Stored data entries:
______________________________
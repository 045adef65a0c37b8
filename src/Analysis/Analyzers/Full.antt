-- ===== src/Analysis/Analyzers/Full.antt =====
-- FullSetupHoldTimingAnalyzer.hpp of libtatum/tatum/analyzers/ next to FullSetupTimingAnalyzer.hpp and
-- FullHoldTimingAnalyzer.hpp.
use tatum.Prelude.{◌≡◌}
use tatum.Result.{ok}
use tatum.Result.Ends.{Returns}
use tatum.Result.Pairs.{Both→Returns}
use tatum.Time.{Float}
use tatum.Graph.{TimingGraph}
use tatum.Constraints.{TimingConstraints}
use tatum.Analysis.{DelayCalculator, Tables}
use tatum.Analysis.Visitor.{setup_visitor, hold_visitor}
use tatum.Analysis.Walker.{Walk}
use tatum.Analysis.Walker.Both.{update_timing-Joint}
use tatum.Analysis.Analyzers.{update_setup_timing, update_hold_timing, update_timing}

module _ (F : Float) (tg : TimingGraph) (tc : TimingConstraints F) (dc : DelayCalculator F) where
  module _ (v v' u u' : Walk (Tables F)) (w : Walk (Tables F × Tables F)) where
    -- From the tables of a setup analysis and those of a hold analysis, which both return, the update of
    -- both at once returns, with the tables that the setup analysis and the hold analysis come to.
    pub update_timing-eq-separate :
        w.tables ≡ (v.tables, u.tables)
        → update_setup_timing F tg tc dc v ≡ ok v'
        → update_hold_timing F tg tc dc u ≡ ok u'
        → Returns (λ w'. w'.tables ≡ (v'.tables, u'.tables)) (update_timing F tg tc dc w)
    unfolding update_setup_timing update_hold_timing update_timing
    update_timing-eq-separate same setup_run hold_run =
        Both→Returns _ _ _ _ v' u'
          (update_timing-Joint F (setup_visitor F) (hold_visitor F) tg tc dc v u w same) setup_run
          hold_run
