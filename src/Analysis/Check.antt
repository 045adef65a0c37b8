-- ===== src/Analysis/Check.antt =====
-- libtatum/tatum/base/validate_timing_graph_constraints.cpp: what an analyzer checks when it is made.
use tatum.Prelude.{Bool, true, false, not, none, some, List, [], ◌∷◌}
use tatum.Result.{Result, ok, thrown, Message, throw_if, ◌>>=◌, ◌>>◌}
use tatum.Time.{Float}
use tatum.Graph.{TimingGraph, NodeId, source, opin, same_node_type, node_type, node_in_edges}
use tatum.Tags.Tag.{DomainId}
use tatum.Constraints.{TimingConstraints, clock_domain_source_node}
use tatum.Constraints.Io.{node_is_constant_generator}

module _ (F : Float) (tg : TimingGraph) (tc : TimingConstraints F) where
  -- A clock that is not virtual starts at a node of type SOURCE.
  pub check_clock_domain : DomainId → Result (Unit {0})
  check_clock_domain domain = do
    source_node ← clock_domain_source_node F tc domain
    elim source_node [
      | none ↦ ok tt
      | some n ↦ do
        type ← node_type tg (some n)
        throw_if (not (same_node_type type source)) (thrown Message.clock_not_source (some n) none)
    ]

  -- An OPIN without incoming edges is a constant generator.
  pub check_generator : NodeId → Result (Unit {0})
  check_generator node_id = do
    type ← node_type tg node_id
    elim (same_node_type type opin) [
      | false ↦ ok tt
      | true ↦ do
        ins ← node_in_edges tg node_id
        elim ins [
          | _ ∷ _ ↦ ok tt
          | [] ↦
              throw_if (not (node_is_constant_generator F tc node_id))
                (thrown Message.opin_not_generator node_id none)
        ]
    ]

  -- The two loops.
  pub check_clock_domains : List DomainId → Result (Unit {0})
  unfolding check_clock_domain
  check_clock_domains [] = ok tt
  check_clock_domains (domain ∷ domains) = do check_clock_domain domain; check_clock_domains domains

  pub check_generators : List NodeId → Result (Unit {0})
  unfolding check_generator
  check_generators [] = ok tt
  check_generators (node_id ∷ nodes) = do check_generator node_id; check_generators nodes

  pub validate_timing_graph_constraints : Result Bool
  unfolding check_clock_domains check_generators
  validate_timing_graph_constraints = do
    check_clock_domains tc.domain_ids
    check_generators tg.node_ids
    ok true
______________________________
▶ [Instructions to follow] Retype each line above, keeping every character.

▶ [Solution for this task]
repository 045adef65a0c37b8
filename src/Analysis/Analyzers/Full.antt
-- ===== src/Analysis/Analyzers/Full.antt =====
-- FullSetupHoldTimingAnalyzer.hpp of libtatum/tatum/analyzers/ next to FullSetupTimingAnalyzer.hpp and
-- FullHoldTimingAnalyzer.hpp.
use tatum.Prelude.{◌≡◌}
use tatum.Result.{ok}
use tatum.Result.Ends.{Returns}
use tatum.Result.Pairs.{Both→Returns}
use tatum.Time.{Float}
use tatum.Graph.{TimingGraph}
use tatum.Constraints.{TimingConstraints}
use tatum.Analysis.{DelayCalculator, Tables}
use tatum.Analysis.Visitor.{setup_visitor, hold_visitor}
use tatum.Analysis.Walker.{Walk}
use tatum.Analysis.Walker.Both.{update_timing-Joint}
use tatum.Analysis.Analyzers.{update_setup_timing, update_hold_timing, update_timing}

module _ (F : Float) (tg : TimingGraph) (tc : TimingConstraints F) (dc : DelayCalculator F) where
  module _ (v v' u u' : Walk (Tables F)) (w : Walk (Tables F × Tables F)) where
    -- From the tables of a setup analysis and those of a hold analysis, which both return, the update of
    -- both at once returns, with the tables that the setup analysis and the hold analysis come to.
    pub update_timing-eq-separate :
        w.tables ≡ (v.tables, u.tables)
        → update_setup_timing F tg tc dc v ≡ ok v'
        → update_hold_timing F tg tc dc u ≡ ok u'
        → Returns (λ w'. w'.tables ≡ (v'.tables, u'.tables)) (update_timing F tg tc dc w)
    unfolding update_setup_timing update_hold_timing update_timing
    update_timing-eq-separate same setup_run hold_run =
        Both→Returns _ _ _ _ v' u'
          (update_timing-Joint F (setup_visitor F) (hold_visitor F) tg tc dc v u w same) setup_run
          hold_run
filename src/Analysis/Check.antt
repository 045adef65a0c37b8
-- ===== src/Analysis/Check.antt =====
-- libtatum/tatum/base/validate_timing_graph_constraints.cpp: what an analyzer checks when it is made.
use tatum.Prelude.{Bool, true, false, not, none, some, List, [], ◌∷◌}
use tatum.Result.{Result, ok, thrown, Message, throw_if, ◌>>=◌, ◌>>◌}
use tatum.Time.{Float}
use tatum.Graph.{TimingGraph, NodeId, source, opin, same_node_type, node_type, node_in_edges}
use tatum.Tags.Tag.{DomainId}
use tatum.Constraints.{TimingConstraints, clock_domain_source_node}
use tatum.Constraints.Io.{node_is_constant_generator}

module _ (F : Float) (tg : TimingGraph) (tc : TimingConstraints F) where
  -- A clock that is not virtual starts at a node of type SOURCE.
  pub check_clock_domain : DomainId → Result (Unit {0})
  check_clock_domain domain = do
    source_node ← clock_domain_source_node F tc domain
    elim source_node [
      | none ↦ ok tt
      | some n ↦ do
        type ← node_type tg (some n)
        throw_if (not (same_node_type type source)) (thrown Message.clock_not_source (some n) none)
    ]

  -- An OPIN without incoming edges is a constant generator.
  pub check_generator : NodeId → Result (Unit {0})
  check_generator node_id = do
    type ← node_type tg node_id
    elim (same_node_type type opin) [
      | false ↦ ok tt
      | true ↦ do
        ins ← node_in_edges tg node_id
        elim ins [
          | _ ∷ _ ↦ ok tt
          | [] ↦
              throw_if (not (node_is_constant_generator F tc node_id))
                (thrown Message.opin_not_generator node_id none)
        ]
    ]

  -- The two loops.
  pub check_clock_domains : List DomainId → Result (Unit {0})
  unfolding check_clock_domain
  check_clock_domains [] = ok tt
  check_clock_domains (domain ∷ domains) = do check_clock_domain domain; check_clock_domains domains

  pub check_generators : List NodeId → Result (Unit {0})
  unfolding check_generator
  check_generators [] = ok tt
  check_generators (node_id ∷ nodes) = do check_generator node_id; check_generators nodes

  pub validate_timing_graph_constraints : Result Bool
  unfolding check_clock_domains check_generators
  validate_timing_graph_constraints = do
    check_clock_domains tc.domain_ids
    check_generators tg.node_ids
    ok true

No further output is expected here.